Assigned task:
Your task is to copy the stretch of lines in the records below that begins with the line containing "pub symmetric : (a" and ends with the line containing "no_devices = record", exactly as written, with nothing added.

Recorded data:
=-=-=-=-=

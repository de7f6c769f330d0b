-- ===== src/Device/Pairing.antt =====
-- viewer/store.go: the tv_devices table under any sequence of queries.
use phimtor.Base.{
  ℕ, ◌≤◌, ◌<◌, Bool, true, false, Option, none, some, List, [], ◌∷◌, ltb, All, All-mono, ◌≡◌, ◌≢◌,
  refl, ap, arith, Bool-cases, inl, inr,
}
use phimtor.Base.Bytes.{Bytes}
use phimtor.Device.{
  Device, Devices, Status, has_code, create_device_pairing, can_approve, approve_row, approve_rows,
  affected, approve_device_pairing, touch_device, revoke_device, reap_device_pairings,
}

-- The queries that change the table, with their arguments.
pub data Call : Type 0 where
  create : ℕ → Bytes → Bytes → Bytes → ℕ → Call
  approve : ℕ → Bytes → ℕ → Call
  touch : ℕ → ℕ → Call
  revoke : ℕ → ℕ → Call
  reap : ℕ → Call

-- How the collation compares.
pub record IsSame (same : Bytes → Bytes → Bool) : Type 0 where
  pub reflexive : (a : Bytes) → same a a ≡ true
  pub symmetric : (a b : Bytes) → same a b ≡ true → same b a ≡ true
  pub transitive : (a b c : Bytes) → same a b ≡ true → same b c ≡ true → same a c ≡ true

abbrev pub no_devices : Devices
no_devices = record { next_id = 1; rows = [] }

-- A pairing that waits has a code and no account; one that is approved has an account and no code.
abbrev pub IsPairedAs : Status → Option Bytes → Option ℕ → Type 0
IsPairedAs Status.pending code user = (code ≢ none) × (user ≡ none)
IsPairedAs Status.approved code user = (code ≡ none) × (user ≢ none)
IsPairedAs Status.revoked code user = code ≡ none

abbrev pub IsPaired : Device → Type 0
IsPaired d = IsPairedAs d.status d.user_code d.user_id

abbrev pub clashes : (Bytes → Bytes → Bool) → Option Bytes → Option Bytes → Bool
clashes same none c = false
clashes same (some a) none = false
clashes same (some a) (some b) = same a b

-- Two rows that the primary key and the unique indexes keep apart.
abbrev pub AreApart : (Bytes → Bytes → Bool) → Device → Device → Type 0
AreApart same d e =
    (d.id ≢ e.id)
    × (same d.device_code e.device_code ≡ false)
    × (clashes same d.user_code e.user_code ≡ false)

abbrev pub AllApart : (Bytes → Bytes → Bool) → List Device → Type 0
AllApart same [] = Unit
AllApart same (d ∷ ds) = All (AreApart same d) ds × AllApart same ds

abbrev pub IsNumbered : ℕ → Device → Type 0
IsNumbered n d = (0 < d.id) × (d.id < n)

pub record IsWell (same : Bytes → Bytes → Bool) (t : Devices) : Type 0 where
  pub paired : All IsPaired t.rows
  pub numbered : All (IsNumbered t.next_id) t.rows
  pub apart : AllApart same t.rows
  pub started : 0 < t.next_id

module _ (same : Bytes → Bytes → Bool) where
  unfoldable pub step : Call → Devices → Devices
  unfolding create_device_pairing approve_device_pairing touch_device revoke_device
      reap_device_pairings
  step (Call.create now device_code user_code name ttl) t =
      (create_device_pairing same now device_code user_code name ttl t).1
  step (Call.approve now code user) t = (approve_device_pairing same now code user t).1
  step (Call.touch now device) t = touch_device now device t
  step (Call.revoke device user) t = revoke_device device user t
  step (Call.reap now) t = reap_device_pairings now t

  unfoldable pub run : List Call → Devices → Devices
  unfolding step
  run [] t = t
  run (c ∷ cs) t = run cs (step c t)

  affected-none :
      (now : ℕ) (code : Bytes) (ds : List Device)
      → All (λ (d : Device). has_code same code d.user_code ≡ false) ds
      → affected same now code ds ≡ 0
  unfolding affected can_approve
  affected-none now code [] h = refl
  affected-none now code (d ∷ ds) h = ground (arith, affected-none now code ds h.1)

  apart-has_code :
      (code : Bytes) (d : Device)
      → IsSame same
      → has_code same code d.user_code ≡ true
      → (e : Device) → AreApart same d e
      → has_code same code e.user_code ≡ false
  apart-has_code code d s h e a = go d.user_code e.user_code h a.2
    where
      go :
          (c c' : Option Bytes)
          → has_code same code c ≡ true
          → clashes same c c' ≡ false
          → has_code same code c' ≡ false
      go none c' h a = absurd (ground arith)
      go (some c) none h a = refl
      go (some c) (some c') h a = elim (Bool-cases (same c' code)) [
        | inl e ↦ absurd (ground (arith, s.transitive c code c' h (s.symmetric c' code e)))
        | inr e ↦ e
      ]

  affected-one :
      (now : ℕ) (code : Bytes) (ds : List Device)
      → IsSame same
      → AllApart same ds
      → affected same now code ds ≤ 1
  unfolding affected
  affected-one now code [] s h = omega arith
  affected-one now code (d ∷ ds) s h = elim (Bool-cases (has_code same code d.user_code)) [
    | inl e ↦ ground (
      arith,
      affected-none now code ds (All-mono (AreApart same d) _ ds (apart-has_code code d s e) h.0),
    )
    | inr e ↦ rw (not_approved e) (affected-one now code ds s h.1)
  ]
    where
      not_approved : has_code same code d.user_code ≡ false → can_approve same now code d ≡ false
      not_approved e = unfold can_approve in ground arith

  can_approve-approve_row :
      (now now' : ℕ) (code : Bytes) (user : ℕ) (d : Device)
      → now ≤ now'
      → can_approve same now' code (approve_row same now code user d) ≡ false
  unfolding approve_row
  can_approve-approve_row now now' code user d h = elim (Bool-cases (can_approve same now code d)) [
    | inl e ↦ rw e (unfold can_approve in refl)
    | inr e ↦ rw e (later e)
  ]
    where
      later : can_approve same now code d ≡ false → can_approve same now' code d ≡ false
      later e = unfold can_approve in ground arith

  affected-approve_rows :
      (now now' : ℕ) (code : Bytes) (user : ℕ) (ds : List Device)
      → now ≤ now'
      → affected same now' code (approve_rows same now code user ds) ≡ 0
  unfolding affected approve_rows
  affected-approve_rows now now' code user [] h = refl
  affected-approve_rows now now' code user (d ∷ ds) h =
      rw (can_approve-approve_row now now' code user d h)
        (affected-approve_rows now now' code user ds h)

  -- In a table with distinct codes an approval is of one row at most, and a second approval by the same
  -- code, of whatever account, is refused.
  pub approve_device_pairing_once :
      (now now' : ℕ) (code : Bytes) (user user' : ℕ) (t : Devices)
      → IsSame same
      → IsWell same t
      → now ≤ now'
      → (affected same now code t.rows ≤ 1)
        × ((approve_device_pairing same now' code user'
              (approve_device_pairing same now code user t).1).0
            ≡ false)
  unfolding approve_device_pairing
  approve_device_pairing_once now now' code user user' t s w h = (
    affected-one now code t.rows s w.apart,
    ap (λ n. ltb 0 n) (affected-approve_rows now now' code user t.rows h),
  )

=-=-=-=-=

Written response:
  pub symmetric : (a b : Bytes) → same a b ≡ true → same b a ≡ true
  pub transitive : (a b c : Bytes) → same a b ≡ true → same b c ≡ true → same a c ≡ true

abbrev pub no_devices : Devices
no_devices = record { next_id = 1; rows = [] }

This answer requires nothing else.